Because they are so realistic, deepfakes can scramble our understanding of truth in multiple ways. By exploiting our inclination to trust the reliability of evidence that we see with our own eyes, they can turn fiction into apparent fact. And, as we become more attuned to the existence of deepfakes, there is also a subsequent, corollary effect: they undermine our trust in all videos, including those that are genuine. Truth itself becomes elusive, because we can no longer be sure of what is real and what is not.

The linked article notes that researchers are trying to devise technologies to detect deep fakes, but until there are apps or other tools that will identify these very sophisticated forgeries, we are left with “legal remedies and increased awareness,” neither of which is very satisfactory.

We already inhabit an information environment that has done more damage to social cohesion than previous efforts to divide and mislead. Thanks to the ubiquity of the Internet and social media (and the demise of media that can genuinely be considered “mass”), we are all free to indulge our confirmation biases–free to engage in what a colleague dubs “motivated reasoning.” It has become harder and harder to separate truth from fiction, moderate spin from outright propaganda.

One result is that thoughtful people–people who want to be factually accurate and intellectually honest–are increasingly unsure of what they can believe.

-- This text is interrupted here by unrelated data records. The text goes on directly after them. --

-- ===== src/Link/Service/Runtime.antt =====
-- OnService, OnKeepingLinkCommon, OnSendOk, OnEnable and OnDisable of
-- src/Services/Link/LoLaLinkService.h. The LED and the debug output are compiled out.
use lo_la.Prelude.{ℕ, ◌*◌, ◌/◌, Bool, true, false, ◌&&◌, ◌||◌, if◌then◌else◌, ltb, leb, ◌==◌, sub32}
use lo_la.Packet.Definition.{header_report}
use lo_la.Crypto.KeyExchange.{generate_new_key_pair}
use lo_la.Driver.State.{invalid_millis, get_elapsed_millis_last_valid_received}
use lo_la.Driver.Power.{set_transmit_power}
use lo_la.Services.Task.{run_asap, run_delayed, disable}
use lo_la.Services.Send.{schedule}
use lo_la.Link.Power.{PowerBalancer, max_panic}
use lo_la.Link.Power
use lo_la.Link.Info.{
  LinkState, disabled, setup, awaiting_link, awaiting_sleeping, linking, linked, is_linked,
  get_partner_rssi_normalized, get_partner_last_report_elapsed,
  get_local_info_update_remotely_elapsed, stamp_local_info_last_updated_remotely,
}
use lo_la.Link.Service.{
  Platform, Moment, LinkClient, Link, on_client, with_driver, check_again, request_send,
  get_elapsed_millis_since_state_start, get_elapsed_millis_since_last_sent,
}
use lo_la.Link.Service.Builders.{prepare_link_report}

-- LOLA_LINK_SERVICE_UNLINK_KEY_PAIR_LIFETIME and the further periods of src/LoLaDefinitions.h.
abbrev pub key_pair_lifetime : ℕ
key_pair_lifetime = 60000

abbrev pub max_before_linking_cancel : ℕ
max_before_linking_cancel = 200

abbrev pub max_before_disconnect : ℕ
max_before_disconnect = 3000

abbrev pub linked_resend_period : ℕ
linked_resend_period = 10 * 2 / 3

abbrev pub period_intervention : ℕ
period_intervention = 3000 * 6 / 10

abbrev pub info_update_period : ℕ
info_update_period = 3000 * 5 / 10

abbrev pub update_random_jitter_max : ℕ
update_random_jitter_max = 15

-- The virtual methods that a run of the service calls; `on_awaiting_link` answers false on time-out.
pub record Routines (L : Type 0) : Type 0 where
  pub on_awaiting_link : L → L × Bool
  pub on_linking : L → L
  pub on_keeping_link : L → L

module _ {B S P : Type 0} (m : Moment) where
  unfoldable pub on_send_ok : (header : ℕ) → Link B S P → Link B S P
  on_send_ok header s = schedule run_asap (
      on_client
        (λ c.
          let sent = record c { last_sent_millis = m.millis } in
          if header == header_report && is_linked c.info.link_state && c.report_pending
          then record sent {
            report_pending = false;
            info = stamp_local_info_last_updated_remotely m.millis c.info;
          }
          else sent)
        s)

module _ {B S P : Type 0} (p : Platform B S) (m : Moment) where
  abbrev pub received_elapsed : LinkClient B S P → ℕ
  received_elapsed c = get_elapsed_millis_last_valid_received m.micros c.node.driver

  abbrev pub rssi_of : LinkClient B S P → ℕ
  rssi_of c = p.rssi_normalized c.node.driver.last_valid_received.rssi

  -- GenerateNewKeyPair; its result is not looked at.
  unfoldable pub generate_keys : LinkClient B S P → LinkClient B S P
  generate_keys c = record c { exchanger = (generate_new_key_pair p.ecc m.key_pair c.exchanger).0 }

  -- Update of the balancer. It calls the driver when it panics and when the power changes.
  unfoldable pub update_power : LinkClient B S P → LinkClient B S P × Bool
  update_power c =
      let (balancer, changed) =
        Power.update m.millis (received_elapsed c) (get_partner_rssi_normalized p.rssi_ring c.info)
          c.balancer in
      let updated = record c { balancer = balancer } in
      (
        if changed
              || c.balancer.last_updated == invalid_millis
              || leb max_panic (received_elapsed c)
            then with_driver (set_transmit_power p.map_range balancer.driver_power) updated
            else updated,
        changed,
      )

  unfoldable pub send_report : Link B S P → Link B S P
  send_report s =
      let c = s.client in
      request_send m.millis (record s {
        packet =
            prepare_link_report
              (ltb period_intervention (get_partner_last_report_elapsed m.millis c.info))
              (rssi_of c) c.node.driver.received_count s.packet;
      })

  module _ (r : Routines (Link B S P)) where
    -- OnKeepingLinkCommon, after the balancer's update. A pending report is handled before the test
    -- for an intervention, so there the flag is clear.
    unfoldable pub keep_link : Link B S P → Link B S P
    keep_link s =
        let c = s.client in
        if c.report_pending
        then (if ltb linked_resend_period (get_elapsed_millis_since_last_sent m.millis c)
            then send_report s
            else check_again s)
        else if ltb period_intervention (received_elapsed c)
        then schedule run_asap (on_client (λ c. record c { report_pending = true }) s)
        else if ltb info_update_period (get_local_info_update_remotely_elapsed m.millis c.info)
        then schedule (run_delayed (m.random 0 update_random_jitter_max))
            (on_client (λ c. record c { report_pending = true }) s)
        else r.on_keeping_link s

    unfoldable pub on_keeping_link_common : Link B S P → Link B S P
    unfolding keep_link
    on_keeping_link_common s =
        let (c, changed) = update_power s.client in
        let updated = record s { client = c } in
        if changed then schedule run_asap updated else keep_link updated

    module _ (update_link_state : LinkState → Link B S P → Link B S P) where
      -- What OnAwaitingLink answered.
      unfoldable pub or_sleep : Link B S P × Bool → Link B S P
      or_sleep (s, true) = s
      or_sleep (s, false) = update_link_state awaiting_sleeping s

      unfoldable pub on_service_awaiting : Link B S P → Link B S P
      unfolding or_sleep
      on_service_awaiting s =
          let stamp = s.client.keys_last_generated in
          if stamp == invalid_millis || ltb key_pair_lifetime (sub32 m.millis stamp)
          then schedule run_asap
              (on_client (λ c. record (generate_keys c) { keys_last_generated = m.millis }) s)
          else or_sleep (r.on_awaiting_link s)

      unfoldable pub on_service_in : LinkState → Link B S P → Link B S P
      unfolding on_service_awaiting on_keeping_link_common
      on_service_in setup s = update_link_state awaiting_link s
      on_service_in awaiting_link s = on_service_awaiting s
      on_service_in awaiting_sleeping s = update_link_state awaiting_link s
      on_service_in linking s =
          if ltb max_before_linking_cancel (get_elapsed_millis_since_state_start m.millis s.client)
          then update_link_state awaiting_link s
          else r.on_linking s
      on_service_in linked s =
          if ltb max_before_disconnect (received_elapsed s.client)
          then update_link_state awaiting_link s
          else on_keeping_link_common s
      on_service_in disabled s = schedule disable s

      unfoldable pub on_service : Link B S P → Link B S P
      unfolding on_service_in
      on_service s = on_service_in s.client.info.link_state s

module _ {B S P : Type 0} (update_link_state : LinkState → Link B S P → Link B S P) where
  unfoldable pub on_enable : Link B S P → Link B S P × Bool
  on_enable s = (update_link_state setup s, true)

  unfoldable pub on_disable : Link B S P → Link B S P
  on_disable s = update_link_state disabled s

What makes this new fakery especially dangerous is that, as the linked article notes, most of us do think that “seeing is believing.” We are far more apt to accept visual evidence than other forms of information. There are already plenty of conspiracy sites that offer altered photographic “evidence”–of the aliens who landed at Roswell, of purportedly criminal behavior by public figures, etc. Now people intent on deception have the ability to make those alterations virtually impossible to detect.

Even if technology is developed that can detect fakery, will “motivated” reasoners rely on it?

Will people be more likely to believe a deepfake or a detection algorithm that flags the video as fabricated? And what should people believe when different detection algorithms—or different people—render conflicting verdicts regarding whether a video is genuine?

We are truly entering a new and unsettling “hall of mirrors” version of reality.